**AIM OF THE EXERCISE:**
For the entries below, the expected answer is the line with "-- The router's", the line with "unfolding header_bytes", and every line between them, exactly as written, and nothing more.

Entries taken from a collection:
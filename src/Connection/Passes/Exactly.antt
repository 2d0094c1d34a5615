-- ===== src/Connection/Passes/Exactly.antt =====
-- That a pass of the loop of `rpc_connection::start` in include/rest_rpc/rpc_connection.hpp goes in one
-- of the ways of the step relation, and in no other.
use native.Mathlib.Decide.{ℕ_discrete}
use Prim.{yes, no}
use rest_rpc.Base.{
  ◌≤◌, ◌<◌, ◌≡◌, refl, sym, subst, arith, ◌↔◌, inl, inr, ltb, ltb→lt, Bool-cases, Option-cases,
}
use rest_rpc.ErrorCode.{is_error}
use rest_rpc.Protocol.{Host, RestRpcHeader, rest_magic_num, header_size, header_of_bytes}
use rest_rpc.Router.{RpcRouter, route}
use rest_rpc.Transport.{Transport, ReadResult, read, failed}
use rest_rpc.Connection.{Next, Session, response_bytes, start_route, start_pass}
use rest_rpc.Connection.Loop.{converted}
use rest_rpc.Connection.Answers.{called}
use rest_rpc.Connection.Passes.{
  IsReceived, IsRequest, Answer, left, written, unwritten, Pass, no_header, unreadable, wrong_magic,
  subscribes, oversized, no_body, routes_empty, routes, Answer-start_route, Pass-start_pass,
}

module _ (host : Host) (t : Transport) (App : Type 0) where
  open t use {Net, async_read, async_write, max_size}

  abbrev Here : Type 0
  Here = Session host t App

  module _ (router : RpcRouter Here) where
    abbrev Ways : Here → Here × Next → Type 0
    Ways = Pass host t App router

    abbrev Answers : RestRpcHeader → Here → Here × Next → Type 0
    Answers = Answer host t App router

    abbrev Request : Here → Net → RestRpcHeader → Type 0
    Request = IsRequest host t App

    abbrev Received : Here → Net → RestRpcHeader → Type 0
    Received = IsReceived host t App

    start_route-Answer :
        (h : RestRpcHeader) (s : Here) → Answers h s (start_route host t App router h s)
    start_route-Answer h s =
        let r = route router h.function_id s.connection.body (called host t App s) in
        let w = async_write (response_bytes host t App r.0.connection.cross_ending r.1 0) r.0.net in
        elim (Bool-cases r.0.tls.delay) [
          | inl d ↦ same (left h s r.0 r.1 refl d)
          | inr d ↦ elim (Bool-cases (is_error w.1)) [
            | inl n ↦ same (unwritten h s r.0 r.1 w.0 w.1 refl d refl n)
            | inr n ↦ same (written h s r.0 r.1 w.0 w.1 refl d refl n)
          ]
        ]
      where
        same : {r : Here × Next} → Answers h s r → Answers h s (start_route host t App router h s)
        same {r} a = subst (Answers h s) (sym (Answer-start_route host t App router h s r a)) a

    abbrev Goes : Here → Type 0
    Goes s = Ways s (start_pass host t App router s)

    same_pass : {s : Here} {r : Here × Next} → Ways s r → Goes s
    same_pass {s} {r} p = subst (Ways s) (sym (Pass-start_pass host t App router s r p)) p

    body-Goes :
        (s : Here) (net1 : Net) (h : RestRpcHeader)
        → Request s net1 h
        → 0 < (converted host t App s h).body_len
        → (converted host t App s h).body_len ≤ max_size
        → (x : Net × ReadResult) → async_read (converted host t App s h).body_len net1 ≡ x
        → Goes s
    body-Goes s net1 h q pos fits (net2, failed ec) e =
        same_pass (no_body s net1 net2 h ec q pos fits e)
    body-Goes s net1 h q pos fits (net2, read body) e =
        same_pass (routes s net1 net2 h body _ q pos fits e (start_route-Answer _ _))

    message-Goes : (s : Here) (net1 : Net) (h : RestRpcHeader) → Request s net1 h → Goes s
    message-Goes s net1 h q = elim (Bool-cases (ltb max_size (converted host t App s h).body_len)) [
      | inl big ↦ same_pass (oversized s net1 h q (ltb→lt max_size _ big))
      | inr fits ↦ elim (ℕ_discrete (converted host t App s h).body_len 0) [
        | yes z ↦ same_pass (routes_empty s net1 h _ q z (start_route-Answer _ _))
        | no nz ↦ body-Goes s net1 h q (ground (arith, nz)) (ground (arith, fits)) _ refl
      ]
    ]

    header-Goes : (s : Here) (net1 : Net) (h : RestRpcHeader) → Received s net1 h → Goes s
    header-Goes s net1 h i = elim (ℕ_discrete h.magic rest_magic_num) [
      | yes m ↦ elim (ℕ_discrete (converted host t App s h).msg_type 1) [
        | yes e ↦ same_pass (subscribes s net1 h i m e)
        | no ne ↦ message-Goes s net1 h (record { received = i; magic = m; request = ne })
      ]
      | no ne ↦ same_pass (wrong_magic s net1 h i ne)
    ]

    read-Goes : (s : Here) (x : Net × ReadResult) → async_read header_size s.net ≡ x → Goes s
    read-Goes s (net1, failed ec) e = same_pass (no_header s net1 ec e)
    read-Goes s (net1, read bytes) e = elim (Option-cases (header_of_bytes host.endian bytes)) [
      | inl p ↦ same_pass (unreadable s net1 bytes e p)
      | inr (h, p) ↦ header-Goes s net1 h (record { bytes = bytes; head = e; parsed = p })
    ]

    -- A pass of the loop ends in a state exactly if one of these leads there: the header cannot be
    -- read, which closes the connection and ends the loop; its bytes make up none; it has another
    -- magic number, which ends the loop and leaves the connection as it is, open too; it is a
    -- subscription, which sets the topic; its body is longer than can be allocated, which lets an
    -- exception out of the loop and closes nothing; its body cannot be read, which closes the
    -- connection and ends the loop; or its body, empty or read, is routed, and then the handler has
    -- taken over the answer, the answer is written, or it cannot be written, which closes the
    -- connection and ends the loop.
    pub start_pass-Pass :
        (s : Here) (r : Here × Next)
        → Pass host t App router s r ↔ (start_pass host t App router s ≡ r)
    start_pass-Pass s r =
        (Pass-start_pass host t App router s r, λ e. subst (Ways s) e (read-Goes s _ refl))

--

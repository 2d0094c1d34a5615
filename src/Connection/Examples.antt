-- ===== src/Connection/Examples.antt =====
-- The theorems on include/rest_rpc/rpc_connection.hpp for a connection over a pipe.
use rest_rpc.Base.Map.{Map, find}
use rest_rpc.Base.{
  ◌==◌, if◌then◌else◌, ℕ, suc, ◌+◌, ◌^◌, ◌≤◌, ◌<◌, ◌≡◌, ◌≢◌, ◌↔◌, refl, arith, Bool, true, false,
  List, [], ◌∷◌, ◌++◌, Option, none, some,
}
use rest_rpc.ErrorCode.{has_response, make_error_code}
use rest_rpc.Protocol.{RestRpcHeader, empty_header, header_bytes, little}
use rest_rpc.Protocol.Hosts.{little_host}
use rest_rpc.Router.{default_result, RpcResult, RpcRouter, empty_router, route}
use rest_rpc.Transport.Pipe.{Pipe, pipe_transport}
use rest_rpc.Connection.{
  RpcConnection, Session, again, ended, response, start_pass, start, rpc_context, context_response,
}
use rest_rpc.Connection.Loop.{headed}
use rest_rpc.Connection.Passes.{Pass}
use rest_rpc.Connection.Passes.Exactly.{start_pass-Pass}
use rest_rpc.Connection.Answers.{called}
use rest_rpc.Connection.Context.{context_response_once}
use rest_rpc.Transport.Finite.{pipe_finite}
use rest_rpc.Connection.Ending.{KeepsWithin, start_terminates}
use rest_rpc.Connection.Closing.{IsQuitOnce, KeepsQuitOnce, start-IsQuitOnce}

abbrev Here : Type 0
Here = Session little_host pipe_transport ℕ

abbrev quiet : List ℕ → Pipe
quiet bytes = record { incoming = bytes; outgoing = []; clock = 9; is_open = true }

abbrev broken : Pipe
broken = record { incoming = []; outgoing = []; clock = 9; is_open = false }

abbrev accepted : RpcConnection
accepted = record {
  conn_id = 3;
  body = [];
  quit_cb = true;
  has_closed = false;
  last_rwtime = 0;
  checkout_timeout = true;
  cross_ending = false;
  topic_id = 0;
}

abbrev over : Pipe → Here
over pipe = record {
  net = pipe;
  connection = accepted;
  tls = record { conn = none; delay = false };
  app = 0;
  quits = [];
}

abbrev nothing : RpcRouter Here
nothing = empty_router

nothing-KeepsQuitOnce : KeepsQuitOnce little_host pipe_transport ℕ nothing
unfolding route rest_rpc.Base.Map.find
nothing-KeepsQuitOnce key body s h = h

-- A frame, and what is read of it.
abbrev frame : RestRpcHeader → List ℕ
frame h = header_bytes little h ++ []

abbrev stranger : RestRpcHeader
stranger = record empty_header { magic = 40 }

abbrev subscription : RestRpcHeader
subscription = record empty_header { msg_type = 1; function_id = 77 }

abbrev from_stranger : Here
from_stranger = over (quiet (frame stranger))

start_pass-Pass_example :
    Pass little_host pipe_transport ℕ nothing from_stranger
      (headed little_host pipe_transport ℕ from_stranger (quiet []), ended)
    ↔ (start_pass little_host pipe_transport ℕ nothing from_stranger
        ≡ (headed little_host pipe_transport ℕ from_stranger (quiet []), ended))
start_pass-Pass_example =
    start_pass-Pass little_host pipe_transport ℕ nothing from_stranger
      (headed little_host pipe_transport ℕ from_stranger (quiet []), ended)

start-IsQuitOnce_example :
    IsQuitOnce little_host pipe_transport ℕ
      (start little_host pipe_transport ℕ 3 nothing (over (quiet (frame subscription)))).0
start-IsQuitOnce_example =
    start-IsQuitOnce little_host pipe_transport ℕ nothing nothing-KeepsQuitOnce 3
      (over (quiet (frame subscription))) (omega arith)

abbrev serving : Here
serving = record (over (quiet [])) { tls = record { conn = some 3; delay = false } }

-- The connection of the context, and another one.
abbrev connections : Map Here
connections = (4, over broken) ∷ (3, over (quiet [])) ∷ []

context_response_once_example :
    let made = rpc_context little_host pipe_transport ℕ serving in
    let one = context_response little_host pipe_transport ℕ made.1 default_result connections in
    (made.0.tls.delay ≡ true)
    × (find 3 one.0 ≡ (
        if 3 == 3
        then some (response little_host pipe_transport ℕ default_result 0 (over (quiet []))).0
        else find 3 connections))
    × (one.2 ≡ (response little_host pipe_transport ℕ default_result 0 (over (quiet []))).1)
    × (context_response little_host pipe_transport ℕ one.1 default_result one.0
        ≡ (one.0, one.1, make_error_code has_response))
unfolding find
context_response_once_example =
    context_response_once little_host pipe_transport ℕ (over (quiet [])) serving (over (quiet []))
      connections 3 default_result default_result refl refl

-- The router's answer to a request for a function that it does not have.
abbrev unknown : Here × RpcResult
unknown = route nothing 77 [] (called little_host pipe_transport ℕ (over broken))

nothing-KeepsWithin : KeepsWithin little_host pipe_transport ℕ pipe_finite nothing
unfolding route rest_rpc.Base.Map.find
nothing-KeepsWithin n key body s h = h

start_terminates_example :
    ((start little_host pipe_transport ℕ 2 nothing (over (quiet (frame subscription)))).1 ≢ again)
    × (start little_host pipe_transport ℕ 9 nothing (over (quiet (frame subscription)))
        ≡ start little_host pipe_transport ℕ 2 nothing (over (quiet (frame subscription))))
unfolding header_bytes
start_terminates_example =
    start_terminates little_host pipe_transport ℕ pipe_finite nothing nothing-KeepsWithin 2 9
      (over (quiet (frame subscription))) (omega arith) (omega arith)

**PROBLEM SOLUTION:**
-- The router's answer to a request for a function that it does not have.
abbrev unknown : Here × RpcResult
unknown = route nothing 77 [] (called little_host pipe_transport ℕ (over broken))

nothing-KeepsWithin : KeepsWithin little_host pipe_transport ℕ pipe_finite nothing
unfolding route rest_rpc.Base.Map.find
nothing-KeepsWithin n key body s h = h

start_terminates_example :
    ((start little_host pipe_transport ℕ 2 nothing (over (quiet (frame subscription)))).1 ≢ again)
    × (start little_host pipe_transport ℕ 9 nothing (over (quiet (frame subscription)))
        ≡ start little_host pipe_transport ℕ 2 nothing (over (quiet (frame subscription))))
unfolding header_bytes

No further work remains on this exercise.